Lighten Up won Best Comedy at the 2020 Adelaide Fringe and has received glowing reviews.
He said live shows were rich comedy fodder and were missed sorely by many in the industry.
"The arts were absolutely destroyed, I was one of the lucky ones who could wait it out but I think the June quarter I made no money at all for the first time ever," he said.
"The sector was down around 95 per cent, it was ludicrous. That's another reason I want to do shows; I started in October because I felt like I'm one person and I can turn up at a theatre and suddenly employ the ushers and front of house staff, backstage."

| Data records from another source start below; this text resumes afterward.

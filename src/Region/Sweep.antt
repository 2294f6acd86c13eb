-- ===== src/Region/Sweep.antt =====
-- Deregistration of a memory region, and of all of them, driver/rdma_engine.c and driver/main.c.
use dmaplane_master.Rdma.{Context}
use dmaplane_master.Region.{
  MrEntry, zero_mr, Regions, find_mr, is_mr, own_sgt, own_mr, mr_holdings, max_mrs,
}
use dmaplane_master.Region.Deregister.{
  sweep, sweep_slot, release, drop_mr, drop_found, deregister_mr,
}
use dmaplane_master.Base.{
  get_or_of_none, lt-length_of_get, find_index_of_none, subst, Bool-cases, zero, suc, ◌==◌,
  if◌then◌else◌, ==_iff, length-set, ◌∙◌, ◌<◌, sym, ap, get_elem?-set_cases, find_index_of_first,
  get_or, length, ℕ, ◌+◌, ◌≡◌, refl, inl, inr, true, false, Option-cases, List, [], ◌++◌, Option,
  none, some, find_index-some, get_elem?, get_or_of_get, total-set, arith,
}
use dmaplane_master.Kernel.{Resource, Event, count, gets, puts}
use dmaplane_master.Region.Balance.{mr_weight, Owes}

module _ (x : Resource) (d : ℕ) where
  release_at :
      (e : MrEntry) (t m : Option ℕ) (log : List Event)
      → let y = release (some d) (record e { sgt = t; mr = m }) log in
        (gets x y.1 ≡ gets x log) × (puts x y.1 ≡ puts x log + count x (own_sgt t ++ own_mr m))
  unfolding release gets puts count
  release_at e none none log = (refl, omega arith)
  release_at e (some t) none log = (refl, omega arith)
  release_at e none (some m) log = (refl, omega arith)
  release_at e (some t) (some m) log = (refl, omega arith)

  drop_mr-Owes :
      (slot : ℕ) (e : MrEntry) (r : Regions)
      → get_elem? r.mrs slot ≡ some e
      → e.in_use ≡ true
      → Owes x [] r
      → Owes x [] (drop_mr (some d) slot r)
  unfolding drop_mr count
  drop_mr-Owes slot e r at u h =
      let at' = get_or_of_get r.mrs slot e zero_mr at in
      let (g, p) = release_at e e.sgt e.mr r.log in
      rw at' (
        omega (
          arith,
          g,
          p,
          total-set (mr_weight x) r.mrs slot e
              (record ((release (some d) e r.log).0) { in_use = false }) at,
          used e u,
          h,
        ))
    where
      used : (e : MrEntry) → e.in_use ≡ true → mr_weight x e ≡ count x (mr_holdings e)
      used e u = simp u

  pub deregister-Owes :
      (c : Context) (i : ℕ) (r : Regions)
      → c.ib_dev ≡ some d
      → Owes x [] r
      → Owes x [] (deregister_mr c i r).1
  unfolding deregister_mr drop_found
  deregister-Owes c i r dev h = elim (Option-cases (find_mr r i)) [
    | inl n ↦ rw n h
    | inr (slot, f) ↦
        let (e, at, live) = find_index-some (is_mr i) r.mrs slot f in
        rw (f, dev) (drop_mr-Owes slot e r at (in_use_of e live) h)
  ]
    where
      in_use_of : (e : MrEntry) → is_mr i e ≡ true → e.in_use ≡ true
      in_use_of e l = ground arith

-- The entries before slot `j` are free.
abbrev pub Cleared : ℕ → Regions → Type 0
Cleared j r = (i : ℕ) (e : MrEntry) → i < j → get_elem? r.mrs i ≡ some e → e.in_use ≡ false

abbrev pub Clear : Regions → Type 0
Clear r = (i : ℕ) (e : MrEntry) → get_elem? r.mrs i ≡ some e → e.in_use ≡ false

unused : (e f : MrEntry) → e.in_use ≡ false → e ≡ f → f.in_use ≡ false
unused e f u h = sym (ap (λ z. z.in_use) h) ∙ u

Cleared-suc :
    (j : ℕ) (r : Regions)
    → Cleared j r
    → ((e : MrEntry) → get_elem? r.mrs j ≡ some e → e.in_use ≡ false)
    → Cleared (suc j) r
Cleared-suc j r k h i e l g = elim (Bool-cases (i == j)) [
  | inl q ↦ let q' = (==_iff i j).0 q in h e (subst (λ n. get_elem? r.mrs n ≡ some e) q' g)
  | inr q ↦ k i e (below q) g
]
  where
    below : (i == j) ≡ false → i < j
    below q = ground arith

module _ (c : Context) (d : ℕ) (dev : c.ib_dev ≡ some d) where
  -- The scan for the id of the first entry in use finds that entry.
  find_first :
      (j : ℕ) (e : MrEntry) (r : Regions)
      → Cleared j r
      → get_elem? r.mrs j ≡ some e
      → e.in_use ≡ true
      → find_mr r e.id ≡ some j
  find_first j e r k at u =
      find_index_of_first (is_mr e.id) r.mrs j e at (simp (u, (==_iff e.id e.id).1 refl))
        (λ i b l g. simp (k i b l g))

  Cleared-drop_mr : (j : ℕ) (r : Regions) → Cleared j r → Cleared (suc j) (drop_mr (some d) j r)
  unfolding drop_mr
  Cleared-drop_mr j r k i e l g = elim (get_elem?-set_cases r.mrs j i _ e g) [
    | inl (same, v) ↦ ap (λ z. z.in_use) (sym v)
    | inr (ne, h) ↦ k i e (omega (arith, ne)) h
  ]

  deregister_found :
      (j i : ℕ) (r : Regions)
      → find_mr r i ≡ some j
      → (deregister_mr c i r).1 ≡ drop_mr (some d) j r
  unfolding deregister_mr drop_found
  deregister_found j i r f = rw (f, dev) refl

  pub length-drop_mr : (j : ℕ) (r : Regions) → length (drop_mr (some d) j r).mrs ≡ length r.mrs
  unfolding drop_mr
  length-drop_mr j r = length-set r.mrs j _

  module _ (x : Resource) where
    -- What one round of the loop keeps and adds
    abbrev pub Round : (j : ℕ) (r t : Regions) → Type 0
    Round j r t = Cleared j t × Owes x [] t × (length t.mrs ≡ length r.mrs)

    sweep_slot-Round :
        (j : ℕ) (r : Regions)
        → Cleared j r
        → Owes x [] r
        → Round (suc j) r (sweep_slot c (get_or r.mrs j zero_mr) r)
    unfolding sweep_slot
    sweep_slot-Round j r k h = elim (Option-cases (get_elem? r.mrs j)) [
      | inl n ↦ rw (get_or_of_none r.mrs j zero_mr n) (Cleared-suc j r k (λ e g. cc), h, refl)
      | inr (e, at) ↦ rw (get_or_of_get r.mrs j e zero_mr at) (elim (Bool-cases e.in_use) [
        | inr u ↦ if_unused e j r at u k h
        | inl u ↦ if_used e j r at u k h
      ])
    ]
      where
        if_unused :
            (e : MrEntry) (j : ℕ) (r : Regions)
            → get_elem? r.mrs j ≡ some e
            → e.in_use ≡ false
            → Cleared j r
            → Owes x [] r
            → Round (suc j) r (if e.in_use then (deregister_mr c e.id r).1 else r)
        if_unused e j r at u k h = rw u (Cleared-suc j r k (λ f g. unused e f u cc), h, refl)

        if_used :
            (e : MrEntry) (j : ℕ) (r : Regions)
            → get_elem? r.mrs j ≡ some e
            → e.in_use ≡ true
            → Cleared j r
            → Owes x [] r
            → Round (suc j) r (if e.in_use then (deregister_mr c e.id r).1 else r)
        if_used e j r at u k h =
            let is = deregister_found j e.id r (find_first j e r k at u) in
            rw u (
              subst (Cleared (suc j)) (sym is) (Cleared-drop_mr j r k),
              deregister-Owes x d c e.id r dev h,
              ap (λ t. length t.mrs) is ∙ length-drop_mr j r,
            )

    pub sweep-Round :
        (n j : ℕ) (r : Regions) → Cleared j r → Owes x [] r → Round (j + n) r (sweep c n j r)
    unfolding sweep
    sweep-Round zero j r k h = ((λ i e q. k i e (omega (arith, q))), h, refl)
    sweep-Round (suc n) j r k h =
        let t = sweep_slot c (get_or r.mrs j zero_mr) r in
        let (a, b, l) = sweep_slot-Round j r k h in
        let (a', b', l') = sweep-Round n (suc j) t a b in
        ((λ i e q. a' i e (omega (arith, q))), b', l' ∙ l)

    -- Every entry of the table, after the loop
    pub sweep_all :
        (r : Regions)
        → Owes x [] r
        → length r.mrs ≡ max_mrs
        → let t = sweep c max_mrs 0 r in Clear t × Owes x [] t × (length t.mrs ≡ max_mrs)
    sweep_all r h l =
        let (a, b, m) = sweep-Round max_mrs 0 r (λ i e q. absurd (omega (arith, q))) h in
        let t = sweep c max_mrs 0 r in
        ((λ i e g. a i e (omega (arith, lt-length_of_get t.mrs i g, m, l)) g), b, m ∙ l)

    deregister_missed : (i : ℕ) (r : Regions) → find_mr r i ≡ none → (deregister_mr c i r).1 ≡ r
    unfolding deregister_mr drop_found
    deregister_missed i r f = rw f refl

    pub deregister_keeps :
        (i : ℕ) (r : Regions)
        → Owes x [] r
        → let t = (deregister_mr c i r).1 in Owes x [] t × (length t.mrs ≡ length r.mrs)
    deregister_keeps i r h = (
      deregister-Owes x d c i r dev h,
      elim (Option-cases (find_mr r i)) [
        | inl n ↦ ap (λ t. length t.mrs) (deregister_missed i r n)
        | inr (j, f) ↦ ap (λ t. length t.mrs) (deregister_found j i r f) ∙ length-drop_mr j r
      ],
    )

-- Where no entry is in use, the loop does nothing, and no id is found.
pub sweep-Clear : (c : Context) (n j : ℕ) (r : Regions) → Clear r → sweep c n j r ≡ r
unfolding sweep sweep_slot
sweep-Clear c zero j r k = refl
sweep-Clear c (suc n) j r k =
    ap (sweep c n (suc j)) (simp (unused_at j)) ∙ sweep-Clear c n (suc j) r k
  where
    unused_at : (j : ℕ) → (get_or r.mrs j zero_mr).in_use ≡ false
    unused_at j = elim (Option-cases (get_elem? r.mrs j)) [
      | inl n ↦ ap (λ e. e.in_use) (get_or_of_none r.mrs j zero_mr n)
      | inr (e, g) ↦ ap (λ e. e.in_use) (get_or_of_get r.mrs j e zero_mr g) ∙ k j e g
    ]

pub deregister-Clear : (c : Context) (i : ℕ) (r : Regions) → Clear r → (deregister_mr c i r).1 ≡ r
unfolding deregister_mr drop_found
deregister-Clear c i r k =
    let f = find_index_of_none (is_mr i) r.mrs (λ j e g. simp (k j e g)) in rw f refl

For more than 20 years Gleeson has built a comedy character that is blunt and unforgiving.
"It comes naturally and it's quite simple, every comedian is self-deprecating and if everyone is being self-effacing there's something funny about being self-aggrandising and taking the high road.
"There's something funny about saying I'm better than you.
"I'll go to Warrnambool and say things like 'you're lucky to have me here in this shit hole'. People enjoy the brashness of it.
"In saying it all it doesn't really matter, I'm not taking myself seriously. If you're not pissing someone off you're not even trying."
Lighten Up comes to the Lighthouse Theatre on February 13 before moving to Hobart, Wollongong and Melbourne.